Frankowski et al. SIGIR 2006
From ScribbleWiki: Analysis of Social Media
You Are What You Say: Privacy Risks of Public Mentions
Authors: Dan Frankowski, Dan Cosley, Shilad Sen, Loren Terveen and John Ried
This paper explores the re-identification problem of social media pages. The authors claimed that people can be identified by their preferences, such as the ranking for movies, wishing list at Amazon, or even what they talk about at their blog or reviews to a movie. Typically, re-identification is performed by linking two datasets with some common attributes of the two datasets. One of the datasets is anonymous, and the other is identified. By matching the common attributes, people can identify the anonymous dataset. This paper propose to represent the two dataset in a so called sparse relation space, and re-identification is done by matching the common items in the spaces.
1. Risk of dataset release. What are the risks to user privacy when releasing a dataset?
2. Altering the dataset. How can dataset owners alter the dataset they release to preserve user privacy?
3. Self defense. How can users protect their own privacy?
Sparse Relation Space
A sparse relation space is a space that i) relates people to items, ii) is sparse, haveing relatively few relationships recorded per person, iii) involves a relatively large space of items. Examples of sparse relation spaces include custormer purchase data from Target stores, music played on an online music player like iTunes, articles edited in Wikipedia. The authors claimed that any dataset that can be represented as a sparse relation space is volnurable for privacy issues. Privacy loss may occur when we have an anonymous sparse relation space and an identified sparse relation space.

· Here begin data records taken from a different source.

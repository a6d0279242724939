-- ===== src/Tests/Rules.antt =====
-- Cutover rules, overlap evidence, money and the client's guard.
use eco_green_zoho_migration.Base.{
  text, text_lt, ◌≡◌, ◌↔◌, ◌⊎◌, inl, ◌≤◌, ◌<◌, ℕ, refl, none, some, List, [], ◌∷◌, true, false,
  truthy, or_empty, negsuc, leb, if◌then◌else◌, arith,
}
use eco_green_zoho_migration.Errors.{ok}
use eco_green_zoho_migration.Store.{success, rate_limit}
use eco_green_zoho_migration.Money.{amount, parse_money, format_money}
use eco_green_zoho_migration.Money.RoundTrip.{parse_money-format_money}
use eco_green_zoho_migration.Mapping.{MappingRule, Asked}
use eco_green_zoho_migration.Cutover.{
  CutoverRule, Wanted, Dates, resolve_cutover, evaluate_eligibility, is_unknown_coverage,
  is_modified_since,
}
use eco_green_zoho_migration.Cutover.Specific.{IsRight, resolves_most_specific}
use eco_green_zoho_migration.Cutover.Eligible.{eligible_iff}
use eco_green_zoho_migration.Overlap.{
  SpEvidence, OverlapView, classify_overlap, smart_pharma_already_posted, not_applicable,
}
use eco_green_zoho_migration.Overlap.Postings.{HasOnePosting}
use eco_green_zoho_migration.Overlap.Sound.{excluded_iff}
use eco_green_zoho_migration.Books.Guard.{
  BooksConfig, assert_posting_allowed, posting_blocked_reasons, is_posting_enabled, best_effort,
  not_given, allowed_iff_no_reasons,
}
use eco_green_zoho_migration.Books.Classify.{
  Attempt, classify_response, classify_status, IsTransient, retry_is_safe, success_iff,
}
use eco_green_zoho_migration.Books.Retry.{
  Options, Outcome, Run, IsRun, IsDraw, with_retry, retry_ends,
}
use eco_green_zoho_migration.Books.Window.{
  Limits, granted_in, run_passes, unused, limit_is_kept, take_pass, evict, granted,
  one_wait_is_enough,
}

abbrev rule : CutoverRule
rule = record {
  branch_code = text "BR";
  transaction_class = text "*";
  payment_method = text "*";
  approval_status = text "APPROVED";
  migration_from_date = none;
  live_system_start_date = some (text "2024-06-01");
  historical_migration_end_date = none;
  smart_pharma_coverage_status = some (text "COVERED");
}

abbrev wanted : Wanted
wanted = record { branch_code = text "BR"; voucher_type = text "SALE"; payment_method = none }

resolves_most_specific_example :
    IsRight
      (rule ∷ record rule { transaction_class = text "SALE" } ∷ [])
      wanted
      (resolve_cutover (rule ∷ record rule { transaction_class = text "SALE" } ∷ []) wanted)
resolves_most_specific_example =
    resolves_most_specific (rule ∷ record rule { transaction_class = text "SALE" } ∷ []) wanted

abbrev dates : Dates
dates = record { transaction_date = text "2024-04-03"; modified = none }

eligible_iff_example : ((evaluate_eligibility (some rule) dates).eligible ≡ true) ↔ (
    (r : CutoverRule) × (some rule ≡ some r)
    × (truthy r.live_system_start_date ≡ true)
    × (is_unknown_coverage r.smart_pharma_coverage_status ≡ false)
    × ((truthy r.migration_from_date ≡ false)
        ⊎ (text_lt dates.transaction_date (or_empty r.migration_from_date) ≡ false))
    × (text_lt dates.transaction_date (or_empty r.live_system_start_date) ≡ true)
    × ((truthy r.historical_migration_end_date ≡ false)
        ⊎ (text_lt (or_empty r.historical_migration_end_date) dates.transaction_date ≡ false))
    × (is_modified_since dates.modified (or_empty r.live_system_start_date) ≡ false))
eligible_iff_example = eligible_iff (some rule) dates

abbrev view : OverlapView
view = record {
  branch_code = text "BR";
  transaction_date = text "2024-04-03";
  voucher_type = text "SALE";
  payment_method = none;
  tax_bucket = none;
  amount = text "12.50";
  reference_no = none;
}

abbrev evidence : SpEvidence
evidence = record {
  branch_code = text "BR";
  business_date = text "2024-04-03";
  transaction_class = text "SALE";
  payment_method = none;
  tax_bucket = none;
  amount = text "12.5";
  sp_batch_ref = some (text "SP1");
  books_record_id = none;
  books_module = none;
}

excluded_iff_example :
    (((classify_overlap (some (text "COVERED")) view (evidence ∷ [])).class
        ≡ smart_pharma_already_posted)
      ↔ (((some (text "COVERED") ≡ some (text "COVERED"))
            ⊎ (some (text "COVERED") ≡ some (text "PARTIAL")))
          × HasOnePosting view (evidence ∷ [])))
    × (((classify_overlap (some (text "COVERED")) view (evidence ∷ [])).class ≡ not_applicable)
        ↔ (some (text "COVERED") ≡ some (text "NOT_COVERED")))
excluded_iff_example = excluded_iff (some (text "COVERED")) view (evidence ∷ [])

parse_money-format_money_example :
    parse_money (some (format_money (negsuc 1204))) ≡ amount (negsuc 1204)
parse_money-format_money_example = parse_money-format_money (negsuc 1204)

abbrev config : BooksConfig
config = record {
  driver = text "live";
  posting_enabled = true;
  posting_authorization_ref = some (text "ref");
  org_allowlist = some (text "o1" ∷ []);
  organization_id = some (text "o1");
}

allowed_iff_no_reasons_example :
    ((assert_posting_allowed (some config) best_effort ≡ ok tt)
      ↔ (posting_blocked_reasons (some config) best_effort ≡ []))
    × ((assert_posting_allowed (some config) not_given ≡ ok tt)
        ↔ (is_posting_enabled (some config) ≡ true))
allowed_iff_no_reasons_example = allowed_iff_no_reasons (some config) best_effort

abbrev attempt : ℕ → Attempt
attempt status = record {
  status = some status;
  error = none;
  timed_out_after_send = false;
  retry_after_header = none;
  body_parse_error = false;
}

retry_is_safe_example :
    ((attempt 503).timed_out_after_send ≡ false)
    × (((attempt 503).status ≡ none) ⊎ ((s : ℕ) × ((attempt 503).status ≡ some s) × IsTransient s))
unfolding classify_response classify_status
retry_is_safe_example = retry_is_safe (λ h. none) (attempt 503) (inl refl)

success_iff_example : ((classify_response (λ h. none) (attempt 201)).class ≡ success) ↔ (
    ((attempt 201).timed_out_after_send ≡ false)
    × ((attempt 201).body_parse_error ≡ false)
    × ((s : ℕ) × ((attempt 201).status ≡ some s) × (200 ≤ s) × (s < 300)))
success_iff_example = success_iff (λ h. none) (attempt 201)

abbrev options : Options
options = record { max_attempts = 3; base_ms = 500; max_ms = 30000; honour_retry_after = true }

-- Two refusals by a rate limit, then a success.
abbrev outcome_at : ℕ → Outcome ℕ
outcome_at n = record {
  class = some (if leb 3 n then success else rate_limit);
  retry_after_ms = if leb 3 n then none else some 40;
  value = n;
}

zero-IsDraw : IsDraw (λ n cap. 0)
zero-IsDraw n cap = omega arith

retry_ends_example :
    (r : Run ℕ) × (with_retry (λ n cap. 0) options outcome_at ≡ some r)
    × IsRun options outcome_at 0 r
retry_ends_example = retry_ends (λ n cap. 0) options outcome_at zero-IsDraw

abbrev limits : Limits
limits = record { limit = 1; window_ms = 10 }

limit_is_kept_example : granted_in limits 4 (run_passes limits (4 ∷ 9 ∷ 14 ∷ []) unused).grants ≤ 1
limit_is_kept_example =
    limit_is_kept limits (4 ∷ 9 ∷ 14 ∷ []) 4 (omega arith, (omega arith, (omega arith, tt)))

one_wait_is_enough_example : (us : List ℕ) × (take_pass limits 15 (4 ∷ []) ≡ granted us)
unfolding take_pass evict
one_wait_is_enough_example =
    one_wait_is_enough limits 9 15 6 (4 ∷ []) (4 ∷ []) (omega arith) (omega arith) refl
      (omega arith)

abbrev mapping_rule : MappingRule
mapping_rule = record {
  rule_type = text "MODULE_ROUTE";
  source_key = text "SALE";
  status = text "APPROVED";
  effective_from = some (text "2024-04-01");
  effective_to = none;
  target_value = text "journals";
  mapping_version = text "map_v1";
  notes = none;
}

abbrev asked : Asked
asked = record {
  rule_type = text "MODULE_ROUTE";
  source_key = text "SALE";
  on_date = text "2024-04-03";
}
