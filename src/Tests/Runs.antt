-- ===== src/Tests/Runs.antt =====
-- Runs: their files, summaries, bridges and balances.
use eco_green_zoho_migration.Base.{
  Text, text, text_eq, ◌≡◌, ◌≢◌, ◌↔◌, refl, none, some, List, [], ◌∷◌, map, filter, length, pos,
  ◌+ℤ◌, All, trim, true, false, ◌==◌, text_Eq,
}
use eco_green_zoho_migration.Errors.{ok}
use eco_green_zoho_migration.Money.{parse_money}
use eco_green_zoho_migration.Money.Digits.{digits_value}
use eco_green_zoho_migration.Store.{Voucher, SourceLine, Disposition, Disposition_Eq, ReconStatus}
use eco_green_zoho_migration.Fallible.{steps, sum_of, read_money}
use eco_green_zoho_migration.Fallible.Sums.{total}
use eco_green_zoho_migration.Csv.{parse_csv}
use eco_green_zoho_migration.Csv.Printed.{print_rows}
use eco_green_zoho_migration.Csv.RoundTrip.{parse_csv-print_rows}
use eco_green_zoho_migration.Bridge
use eco_green_zoho_migration.Bridge.File
use eco_green_zoho_migration.Bridge.Groups.{ids_in, bridge_is_partition}
use eco_green_zoho_migration.Bridge.Verdict
use eco_green_zoho_migration.Bridge.Verdict.{layer_b_passes_iff}
use eco_green_zoho_migration.Summarise
use eco_green_zoho_migration.Summarise.Rollups.{ledger_sum, rollups_are_sums}
use eco_green_zoho_migration.Balance
use eco_green_zoho_migration.Balance.Accounts.{AllKeys, inputs_of}
use eco_green_zoho_migration.Balance.Explained.{IsRead, IsExplained, balance_passes_iff}
use eco_green_zoho_migration.Classification
use eco_green_zoho_migration.Classification.Migrated.{is_migrated, judge_migrates_iff}
use eco_green_zoho_migration.Cutover.{evaluate_eligibility}
use eco_green_zoho_migration.Tests.Data.{voucher}

-- A cell with a quote and a delimiter, and an empty cell.
abbrev header : List Text
header = text "a" ∷ text "b" ∷ []

abbrev cells : List Text
cells = text "x\",y" ∷ [] ∷ []

parse_csv-print_rows_example :
    parse_csv b',' (print_rows b',' (header ∷ cells ∷ []))
    ≡ ok (record { header = header; rows = cells ∷ [] })
parse_csv-print_rows_example =
    parse_csv-print_rows b',' header (cells ∷ []) (refl, refl)
      (((refl, tt), ((refl, tt), tt)), (((refl, (refl, (refl, (refl, tt)))), (tt, tt)), tt))
      (refl, tt)

-- Two vouchers, one of them blocked.
abbrev vouchers : List Voucher
vouchers =
    voucher
    ∷ record voucher { id = 2; disposition = Disposition.blocked; debit_total = text "1.00" }
    ∷ []

bridge_is_partition_example :
    (b : Bridge.Bridge) × (Bridge.compute_bridge vouchers ≡ ok b)
    × (b.debit ≡ total (pos 1250 ∷ pos 100 ∷ []))
    × (b.credit ≡ total (pos 1250 ∷ pos 1250 ∷ []))
    × (b.ties ≡ true)
    × ((k : Disposition)
        → ids_in k b.by_disposition ≡ map (λ v. v.id) (filter (λ v. v.disposition == k) vouchers))
    × (b.pending_count
        ≡ length (map (λ v. v.id) (filter (λ v. v.disposition == Disposition.pending) vouchers)))
unfolding steps read_money parse_money trim digits_value
bridge_is_partition_example =
    bridge_is_partition vouchers (pos 1250 ∷ pos 100 ∷ []) (pos 1250 ∷ pos 1250 ∷ []) refl refl

abbrev file : File.FileStats
file = record {
  row_count = some 4;
  debit_total = some (text "13.50");
  credit_total = some (text "25.00");
}

abbrev figures : Verdict.Figures file vouchers []
unfolding steps read_money parse_money trim digits_value ◌+ℤ◌
figures = record {
  file_debit = pos 1350;
  file_credit = pos 2500;
  debit = pos 1350;
  credit = pos 2500;
  rejected_debit = pos 0;
  rejected_credit = pos 0;
  file_debit_is = refl;
  file_credit_is = refl;
  debit_is = refl;
  credit_is = refl;
  rejected_debit_is = refl;
  rejected_credit_is = refl;
}

layer_b_passes_iff_example :
    (s : ReconStatus) × (File.layer_b (some file) vouchers [] ≡ ok s)
    × ((s ≡ ReconStatus.pass) ↔ (
        All (λ v. v.disposition ≢ Disposition.pending) vouchers
        × All Verdict.IsContained vouchers
        × Verdict.IsCovered file vouchers [] figures))
layer_b_passes_iff_example = layer_b_passes_iff file vouchers [] figures

abbrev line : Text → Text → Text → SourceLine
line kind debit credit = record {
  run_id = text "r1";
  voucher_id = text "v1";
  line_no = 1;
  ledger_code = text "L1";
  voucher_type = kind;
  debit = debit;
  credit = credit;
  tax_bucket = none;
  reference_no = none;
  narration = none;
}

abbrev lines : List SourceLine
lines =
    line (text "SALE") (text "12.50") (text "0.00")
    ∷ line (text "BUY") (text "0.00") (text "2.00")
    ∷ []

rollups_are_sums_example :
    (g : Summarise.Gathered) × (Summarise.gather_from Summarise.nothing_gathered lines ≡ ok g)
    × (sum_of (λ l. read_money l.debit) (filter (λ l. l.ledger_code == text "L1") lines)
        ≡ ok (ledger_sum (λ x. x.debit) (text "L1") g.stars))
    × (ledger_sum (λ x. x.debit) (text "L1") g.groups
        ≡ ledger_sum (λ x. x.debit) (text "L1") g.stars)
    × (sum_of (λ l. read_money l.credit) (filter (λ l. l.ledger_code == text "L1") lines)
        ≡ ok (ledger_sum (λ x. x.credit) (text "L1") g.stars))
    × (ledger_sum (λ x. x.credit) (text "L1") g.groups
        ≡ ledger_sum (λ x. x.credit) (text "L1") g.stars)
unfolding steps read_money parse_money trim digits_value
rollups_are_sums_example =
    rollups_are_sums (text "L1") lines (pos 1250 ∷ pos 0 ∷ []) (pos 0 ∷ pos 200 ∷ [])
      ((refl, (refl, tt)), ((refl, (refl, tt)), tt)) refl refl

-- A movement of 5.00 that is authorised.
abbrev inputs : Balance.Inputs
inputs = record {
  baseline = (text "A1", text "10.00") ∷ [];
  migration = [];
  sp = [];
  post_run = (text "A1", text "15.00") ∷ [];
  authorized_manual = (text "A1", text "5.00") ∷ [];
  manual_observed = [];
  tolerance = text "0.00";
}

abbrev read : IsRead inputs (text "A1")
unfolding steps read_money parse_money trim digits_value text_eq
read = (
  (pos 1000, refl),
  ((pos 0, refl), ((pos 0, refl), ((pos 1500, refl), ((pos 500, refl), ((pos 0, refl), tt))))),
)

balance_passes_iff_example :
    (b : Balance.BalanceBridge) × (Balance.compute_balance_bridge inputs ≡ ok b)
    × ((b.status ≡ ReconStatus.pass)
        ↔ All (AllKeys (IsExplained inputs (pos 0))) (inputs_of inputs))
unfolding steps read_money parse_money trim digits_value text_eq
balance_passes_iff_example =
    balance_passes_iff inputs (pos 0) refl
      ((read, tt), (tt, (tt, ((read, tt), ((read, tt), (tt, tt))))))

abbrev gates : Classification.Gates
gates = record { matrix = []; routes = []; sp_evidence = [] }

judge_migrates_iff_example : (is_migrated (Classification.judge gates voucher) ≡ true) ↔ (
    ((voucher.source_transaction_type == text "STOCK_ADJ") ≡ false)
    × ((evaluate_eligibility
          (Classification.rule_for gates voucher)
          (Classification.dates_of voucher)).eligible
        ≡ true)
    × (Classification.coverage_of (Classification.rule_for gates voucher)
        ≡ some (text "NOT_COVERED"))
    × (Classification.has_route gates voucher ≡ true))
judge_migrates_iff_example = judge_migrates_iff gates voucher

Datasets are collected from MovieLens recommender: as set of movie ratings and a set of movie mentions. At MovieLens, the ratings are not allowed to be identified with users. The rating dataset is released by MovieLens for research use with anonymizing the identities. The movie mention dataset is public on the web set, and identified. Figure 2 shows a snapshot of Movielens.
Characteristic of the dataset
Both ratings and mention dataset follows a power low. Figure 3 shows the number of ratings for items. From the diagram, we can see that there are many rarely rated items, which are important in the re-identification algorithms.
k-identified: the user who is in the top k candidate identities returned from the re-identification algorithm given the user.
k-identification rate: a measure of how well an algorithm can narrow each user in a dataset to one of k users in another dataset. It is computed as the fraction of k-identified users.
Algorithms for re-identification
Both of the two datasets can be represented with sparse relation spaces. The items for the rating dataset are the movies rated by a user, and the items for the mention dataset are the movies mentioned by a user. Several re-identification algorithms are proposed.
1. Set Intersection Algorithm. The users in the ratings dataset who are related to every item in the mentioned by the target user are extracted as the candidate identities. One problem is that user may mention items that they did not rate.
2. TF-IDF Algorithm. Use TF-IDF to measure the sparse relation spaces. Each user of the rating dataset has a vector of rated movies, and each user of the mention dataset has a vector of mentioned movies. Cosine similarity is used to calculate the similarity between two vectors. The most similary users are candidate users for the target user.
3. Scoring Algorithm. Since the rarely rated movies are very important, the score emphasizes mentions of rarely rated movies, and de-emphasizes the number of ratings a user has. If a user has rated a mention, the score for the mention is the fraction of users who have not rated the mention, if the user did not rate the mention, the score is 0.05. The score for a user is the multiplication of the scores of the mentions. Users with top k scores are candidates.
4. Scoring Algorithm with Ratings. Algorithms 1-3 did not use the value of the ratings. Suppose we have a magic analyzer, which can analyze the rating a user has given from the mention of a movie of that user. The scoring algorithm is modified as only when the estimated rating from a mention is the same as the rating in the item, the score for the mention is the fraction of users who have not rated the mention, otherwise 0.05.
Experiment Results for Re-identification
The result showed that estimating the rating values improves the performance a lot. The more movies the user mentioned, the more easier the user is identified. 60% of users who mentioned at least 8 movies can be 1-identified with the scoring algorithm, and nearly 90% when knowing the exact rating values.
Alter the dataset
An algorithms is proposed and evaluated for how to alter the dataset to prevent re-identification.
Data Suppression: Drop the rarely rated items. The experiment results showed that we need to drop 80% of the dataset in order that none of the users can be 1-identified. This algorithm can be quite harmful for research purpose.
Two algorithms are proposed and evaluated for how to defense not to be identified from the users.
1. Suppression: try not to mention the movies that are rarely rated. The experiment result shows that even dropping 50% of the mentions, we cannot make sure that the user cannot be 1-identified.
2. Misdirection: mention items that they have not rated. The experiment result showed that by mentioning the popular movies, the 1-identification possibility reduces greatly. With mentioning 10 popular movies, the 1-identification possibility is less than 1%.